According to Springbok psychologist Pieter Kruger, team culture is “very clear expectations and values that the team stand for, on and off the field ... one of the main building blocks in a highperformance environment.
“It gives you the foundation to work from and will drive the standards of what people do and how they do it.”
Judging by what the Proteas and the Springboks have told us, team culture is a thing that takes a whole week in a camp to build.
The cricketers were first to tell us about their culture camp last year, which was followed by the glorious run that hit a brick wall at the ICC Champions Trophy in June.
Now we have the Boks, who haven’t had one press conference this year without mentioning the C-word.
This week, the All Blacks – who, thanks to James Kerr’s book Legacy, are the kings of team culture – rolled into town with hilarious results on social media.
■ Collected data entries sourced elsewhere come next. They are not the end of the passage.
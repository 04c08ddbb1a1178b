-- ===== src/Idempotency/Stored.antt =====
-- A replayed answer, said in terms of the stored record.
use chekin_interview.Base.{String, ◌≡◌, ◌⊎◌, inl, inr}
use chekin_interview.Errors.{Exn}
use chekin_interview.Models.{IdempotencyKey}
use chekin_interview.Database.{Engine, IsLost}
use chekin_interview.Database.Exec.{Exec}
use chekin_interview.Idempotency.{Outcome, new_claim}
use chekin_interview.Idempotency.Contract.{Seen, Replayed, Fresh, Failed}
use chekin_interview.Idempotency.Replay.{stored_response, replay-eq-ok}

module _ (e : Engine) (key operation hash : String)
    (perform : IdempotencyKey → Exec (e.Session) Outcome) where
  open e use {Session, ghost}

  -- The outcome is the response of a committed record of the key, with the same endpoint and
  -- fingerprint, and the
  -- call committed nothing.
  pub record Stored (s : Session) (o : Outcome) (s' : Session) : Type 0 where
    pub stored : IdempotencyKey
    pub seen : Seen e key operation hash perform s stored
    pub same_operation : stored.operation ≡ operation
    pub same_hash : stored.request_hash ≡ hash
    pub answer : o ≡ stored_response stored
    pub own_kept : ghost.own s' ≡ ghost.own s

  pub Replayed-Stored :
      (s : Session) (o : Outcome) (s' : Session)
      → Replayed e key operation hash perform s o s'
      → Stored s o s'
  Replayed-Stored s o s' r =
      let (p, q, a) = replay-eq-ok r.stored operation hash o r.answer in
      record {
        stored = r.stored;
        seen = r.seen;
        same_operation = p;
        same_hash = q;
        answer = a;
        own_kept = r.own_kept;
      }

-- `Executed` says what a call that executes the request now leaves.
module _ (e : Engine) (Executed : e.Session → Outcome → e.Session → Type 0) where
  open e use {Session, ghost}

  -- The answer to the commit was lost, and the request is executed: `at` is the session just after
  -- the commit.
  pub record Unknown (s : Session) (x : Exn) (s' : Session) : Type 0 where
    pub is_lost : IsLost x
    pub outcome : Outcome
    pub at : Session
    pub executed : Executed s outcome at
    pub own_kept : ghost.own s' ≡ ghost.own at

  -- What a raise says: nothing was committed, or the answer was lost.
  abbrev pub Raised : Session → Exn → Session → Type 0
  Raised s x s' = (ghost.own s' ≡ ghost.own s) ⊎ Unknown s x s'

  pub Failed-Raised :
      (Q : IdempotencyKey → Outcome → Session → Type 0) (key operation hash : String)
      (perform : IdempotencyKey → Exec Session Outcome) (s : Session)
      → ((o : Outcome) (t : Session)
          → Fresh e Q (new_claim key operation hash) s o t
          → Executed s o t)
      → (x : Exn) (s' : Session) → Failed e Q key operation hash perform s x s'
      → Raised s x s'
  Failed-Raised Q key operation hash perform s done x s' (inl kept) = inl kept
  Failed-Raised Q key operation hash perform s done x s' (inr lost) = inr (record {
    is_lost = lost.is_lost;
    outcome = lost.outcome;
    at = lost.at;
    executed = done lost.outcome lost.at lost.fresh;
    own_kept = lost.own_kept;
  })

module _ (e : Engine) where
  open e use {Session, ghost}

  pub Raised-imp :
      (P R : Session → Outcome → Session → Type 0) (s : Session)
      → ((o : Outcome) (t : Session) → P s o t → R s o t)
      → (x : Exn) (s' : Session) → Raised e P s x s'
      → Raised e R s x s'
  Raised-imp P R s f x s' (inl kept) = inl kept
  Raised-imp P R s f x s' (inr u) = inr (record {
    is_lost = u.is_lost;
    outcome = u.outcome;
    at = u.at;
    executed = f u.outcome u.at u.executed;
    own_kept = u.own_kept;
  })
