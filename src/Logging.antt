-- ===== src/Logging.antt =====
-- app/logging.py: which events are logged, and the request id that every line of the log carries. The
-- rendering of a line is structlog's.
use chekin_interview.Base.{ℕ, String, List, [], ◌∷◌, ◌++◌, leb, str_eq, if◌then◌else◌}
use chekin_interview.Json.{Fields}
use chekin_interview.Config.{Settings}

-- The levels of Python's `logging`, and their numbers.
pub data Level : Type 0 where
  notset debug info warning error critical : Level

abbrev pub severity : Level → ℕ
severity notset = 0
severity debug = 10
severity info = 20
severity warning = 30
severity error = 40
severity critical = 50

-- `getattr(logging, name, logging.INFO)`, of the names of levels.
unfoldable pub level_named : String → Level
level_named name =
    if str_eq name "NOTSET"
    then notset
    else if str_eq name "DEBUG"
    then debug
    else if str_eq name "WARNING"
    then warning
    else if str_eq name "WARN"
    then warning
    else if str_eq name "ERROR"
    then error
    else if str_eq name "CRITICAL"
    then critical
    else if str_eq name "FATAL"
    then critical
    else info

-- A call of the logger: its level, its event and what is bound to it.
pub record Event : Type 0 where
  pub level : Level
  pub event : String
  pub bound : Fields

-- A line, with the id that `_add_request_id` puts in.
pub record Line : Type 0 where
  pub event : Event
  pub request_id : String

-- The value of `request_id_var`, the number of the lowest level that is logged and what has been
-- logged.
pub record Log : Type 0 where
  pub request_id : String
  pub threshold : ℕ
  pub lines : List Line

-- `configure_logging`, where `upper` is `str.upper`; `ContextVar("request_id", default="-")`
unfoldable pub configure_logging : (String → String) → Settings → Log
unfolding level_named
configure_logging upper settings = record {
  request_id = "-";
  threshold = severity (level_named (upper settings.log_level));
  lines = [];
}

-- `_add_request_id`
unfoldable pub add_request_id : String → Event → Line
add_request_id id event = record { event = event; request_id = id }

-- The line of an event, if its level is logged.
abbrev pub kept : ℕ → String → Event → List Line
unfolding add_request_id
kept threshold id event =
    if leb threshold (severity event.level) then add_request_id id event ∷ [] else []

-- `log.info(…)`, `log.warning(…)` and `log.error(…)`
unfoldable pub log : Event → Log → Log
unfolding kept
log event l = record l { lines = l.lines ++ kept l.threshold l.request_id event }

-- What a piece of code logs, in order.
unfoldable pub log_all : List Event → Log → Log
unfolding log
log_all [] l = l
log_all (x ∷ xs) l = log_all xs (log x l)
South African fans ripped them to shreds for the earnest overachiever’s code that constitutes their team culture.
The two most important things highlighted in Legacy – basically a book about team culture’s contribution to their status as the greatest team to play the game – are how senior players sweep the changing room, and the “no d**kheads” rule.
The point is to highlight the humility of players who are basically the Messis and Ronaldos of rugby.
And, on cue, they swept into Cape Town and gave a display of this by being filmed forming a long queue to help the baggage master unload the tons of luggage from the team bus.
The All Blacks’ cleaning up after themselves has been copied all over the world, with Ireland flanker CJ Stander’s wife recently posting a video of him supposedly sweeping a dressing room, although he could have been doing household chores.
I’m reliably told that the Boks also pick up their own jockstraps, but with coach Allister Coetzee’s current defensive mood and strained media relations, the photo ops of the momentous events aren’t as readily available.
Each time Steve Hansen’s troops embark on their public outbreaks of humility, there’s no shortage of swooning fans, who this week included locals who are so vested in all things All Blacks, they sang the New Zealand anthem to welcome the team at Cape Town International Airport.
Their Springbok-supporting counterparts (if support is the right word) – miffed with their team losing both on and off the field to their supposed oldest adversaries – hit back by wondering out loud on social media why there were always cameras when the visitors’ random acts of humility took place.
This has degenerated into snarky Tweets like: “Apparently they all brushed their teeth this morning – amazing team ethic.” Unfortunately, this is what the Springboks’ dwindling fortunes have reduced us to – if you can’t beat them, mock them.
This may be a bit close to the bone, if not a cautionary tale about buying into team culture wholesale, but if we were looking to dim the halo above the All Blacks, we might have pointed out that the “no d**kheads” rule only applies to the team and not the players’ real lives.
It’s not for me to judge, but I imagine Aaron Smith and Jerome Kaino’s wives may have taken being cheated on as a d**k move, if you’ll pardon the pun.
The Boks have also endeavoured to put together a team culture to rival the All Blacks’ – but I keep hearing that some of team management are still tripping over the acceptability of Elton Jantjies and Lionel Mapoe’s wide-brimmed gangsta rapper caps.
Clearly, we’ve got a long way to go.